30 mrt 2026 - 35 min
aflevering Episode 02b – My Victim Impact Statement artwork

Episode 02b – My Victim Impact Statement

What does a victim impact statement in a Canadian court actually sound like? When someone is killed by an impaired driver in Canada, families may speak during a criminal sentencing hearing to describe the real consequences of drunk driving and impaired driving. In this episode of LIVID: Learning, Insights, and Voices on Impaired Driving, host Amanda Bickell shares the victim impact statement she delivered in court after the impaired driver who killed her 22-year-old daughter, Abbey, plead guilty. On February 25, 2026, more than two and 1/2 years after Abbey’s death, Amanda stood in a Vancouver courtroom and publicly described the impact of losing her child.
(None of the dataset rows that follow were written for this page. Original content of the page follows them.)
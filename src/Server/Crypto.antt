-- ===== src/Server/Crypto.antt =====
-- server/src/crypto.rs: digests as text, PBKDF2, the stored passwords and the bearer tokens. The hash
-- functions, base64, argon2 and the token format are packages: they are the fields of `Primitives`.
pub mod Length
use memoria_mcp.Prelude.{
  ℕ, zero, suc, ◌+◌, ◌-◌, ◌/◌, ◌%◌, ◌^◌, String, Bool, false, Option, none, some, List, [], ◌∷◌,
  ◌++◌, take, length, ltb, eqb, if◌then◌else◌, Result, ok, err, ◌==◌, format,
}
use memoria_mcp.Prelude.Text.{split, is_char}
use Prim.Native.Nat.{min}
use memoria_mcp.Server.Ascii.{parse_unsigned, strip_prefix}
use memoria_mcp.Server.Bytes.{bit_xor, constant_time_eq}

pub data JwtError : Type 0 where
  malformed unsupported_algorithm bad_signature expired : JwtError

-- The kinds of error of `jsonwebtoken` that `map_jwt_error` tells apart.
pub data TokenErrorKind : Type 0 where
  invalid_signature invalid_algorithm json other : TokenErrorKind

-- What a decoded token holds, as far as the service reads it: `sub`, and `exp` where it is a number.
pub record Claims : Type 0 where
  pub sub : Option String
  pub role : Option String
  pub iat : Option ℕ
  pub exp : Option ℕ

pub record Primitives : Type 0 where
  pub as_bytes : String → List ℕ
  pub sha256 : List ℕ → List ℕ
  pub hmac_sha256 : List ℕ → List ℕ → List ℕ
  pub base64_decode : String → Option (List ℕ)
  -- The n-th value drawn from the system's random source, as text.
  pub random_key : ℕ → ℕ → String
  -- A password's argon2 hash with the n-th salt drawn, and the check of a stored one: none if it does
  -- not parse.
  pub argon2_hash : ℕ → String → String
  pub argon2_verify : String → String → Option Bool
  pub jwt_encode : Claims → List ℕ → String
  pub jwt_decode : String → List ℕ → Result TokenErrorKind Claims

hex_digit : ℕ → String
hex_digit n =
    if eqb n 0
    then "0"
    else if eqb n 1
    then "1"
    else if eqb n 2
    then "2"
    else if eqb n 3
    then "3"
    else if eqb n 4
    then "4"
    else if eqb n 5
    then "5"
    else if eqb n 6
    then "6"
    else if eqb n 7
    then "7"
    else if eqb n 8
    then "8"
    else if eqb n 9
    then "9"
    else if eqb n 10
    then "a"
    else if eqb n 11
    then "b"
    else if eqb n 12
    then "c"
    else if eqb n 13
    then "d"
    else if eqb n 14
    then "e"
    else "f"

unfoldable pub hex : List ℕ → String
unfolding hex_digit
hex [] = ""
hex (b ∷ bs) = format (hex_digit (b / 16) ∷ hex_digit (b % 16) ∷ hex bs ∷ [])

-- `u32::to_be_bytes`
abbrev pub to_be_bytes : ℕ → List ℕ
to_be_bytes n = n / 2 ^ 24 % 256 ∷ n / 2 ^ 16 % 256 ∷ n / 2 ^ 8 % 256 ∷ n % 256 ∷ []

-- `for (r, b) in result.iter_mut().zip(next)`
unfoldable pub xor_into : List ℕ → List ℕ → List ℕ
xor_into [] next = []
xor_into (r ∷ rs) [] = r ∷ rs
xor_into (r ∷ rs) (b ∷ bs) = bit_xor 8 r b ∷ xor_into rs bs

module _ (crypto : Primitives) where
  unfoldable pub sha256_hex : List ℕ → String
  sha256_hex input = hex (crypto.sha256 input)

  -- The rounds after the first.
  unfoldable pub pbkdf2_rounds : ℕ → List ℕ → List ℕ → List ℕ → List ℕ
  pbkdf2_rounds zero password result previous = result
  pbkdf2_rounds (suc n) password result previous =
      let next = crypto.hmac_sha256 password previous in
      pbkdf2_rounds n password (xor_into result next) next

  unfoldable pub pbkdf2_block : List ℕ → List ℕ → ℕ → ℕ → List ℕ
  unfolding pbkdf2_rounds
  pbkdf2_block password salt iterations block_index =
      let result = crypto.hmac_sha256 password (salt ++ to_be_bytes block_index) in
      pbkdf2_rounds (iterations - 1) password result result

  -- `while output.len() < output_len`: the fuel bounds the number of blocks.
  unfoldable pub pbkdf2_from : ℕ → List ℕ → List ℕ → ℕ → ℕ → ℕ → List ℕ → List ℕ
  pbkdf2_from zero password salt iterations output_len block_index output = output
  pbkdf2_from (suc fuel) password salt iterations output_len block_index output =
      let block = pbkdf2_block password salt iterations block_index in
      let taken = min (output_len - length output) 32 in
      let more =
        pbkdf2_from fuel password salt iterations output_len (block_index + 1)
          (output ++ take taken block) in
      if ltb (length output) output_len then more else output

  -- A block is 32 bytes, so there are no more rounds than bytes.
  unfoldable pub pbkdf2_hmac_sha256 : List ℕ → List ℕ → ℕ → ℕ → List ℕ
  unfolding pbkdf2_from
  pbkdf2_hmac_sha256 password salt iterations output_len =
      pbkdf2_from output_len password salt iterations output_len 1 []

  abbrev u32_max : ℕ
  u32_max = 2 ^ 32 - 1

  check_legacy : String → List String → Bool
  check_legacy password (scheme ∷ iterations_str ∷ salt_b64 ∷ hash_b64 ∷ []) =
      if scheme == "pbkdf2-sha256"
      then elim (parse_unsigned u32_max iterations_str) [
        | none ↦ false
        | some iterations ↦ elim (crypto.base64_decode salt_b64) [
          | none ↦ false
          | some salt ↦ elim (crypto.base64_decode hash_b64) [
            | none ↦ false
            | some expected_hash ↦
                constant_time_eq
                  (pbkdf2_hmac_sha256 (crypto.as_bytes password) salt iterations
                    (length expected_hash))
                  expected_hash
          ]
        ]
      ]
      else false
  check_legacy password _ = false

  unfoldable pub verify_legacy_pbkdf2_password : String → String → Bool
  unfolding check_legacy
  verify_legacy_pbkdf2_password password stored = check_legacy password (split (is_char 36) stored)

  unfoldable pub verify_password : String → String → Bool
  verify_password password stored = elim (strip_prefix "pbkdf2-sha256$" stored) [
    | some _ ↦ verify_legacy_pbkdf2_password password stored
    | none ↦ elim (crypto.argon2_verify password stored) [ none ↦ false | some valid ↦ valid ]
  ]

  unfoldable pub decode_jwt : String → List ℕ → ℕ → Result JwtError Claims
  decode_jwt token secret now_unix = elim (crypto.jwt_decode token secret) [
    | err kind ↦ elim kind [
      | invalid_signature ↦ err bad_signature
      | invalid_algorithm ↦ err unsupported_algorithm
      | json ↦ err unsupported_algorithm
      | other ↦ err malformed
    ]
    | ok claims ↦ elim claims.exp [
      | none ↦ ok claims
      | some exp ↦ if ltb exp now_unix then err expired else ok claims
    ]
  ]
This episode is a recording of that statement. It is deeply personal and emotionally difficult. Amanda recounts her last moments with Abbey, the morning police came to the door, and the devastating responsibilities that follow the sudden death of a child. She describes the reality of traumatic grief, the decisions families must make in the aftermath of a fatal crash, and how a single act of impaired driving can fracture lives, families, and communities forever. The statement also reflects on the life Abbey lived: her strength, values, friendships, and the many possibilities that were taken from her when she was killed. Through this testimony, the courtroom heard not just about a fatal collision, but about a daughter, sister, friend, and young woman whose future was stolen by someone else’s decision to drive impaired. Amanda speaks about the lasting effects of traumatic loss, the pieces of life that are completely destroyed, the pieces that remain but are forever broken, and the ongoing work of learning to live with grief that never ends. This episode contains the full victim impact statement as read in court, shared with the hope that listeners will better understand the real consequences of impaired driving. If hearing this story helps even one person decide never to drive impaired, to stop someone else from doing so, or to report a suspected impaired driver, then Abbey’s story may help make the world just a little safer. Listener discretion is advised. This episode discusses traumatic loss, grief, and the death of a child.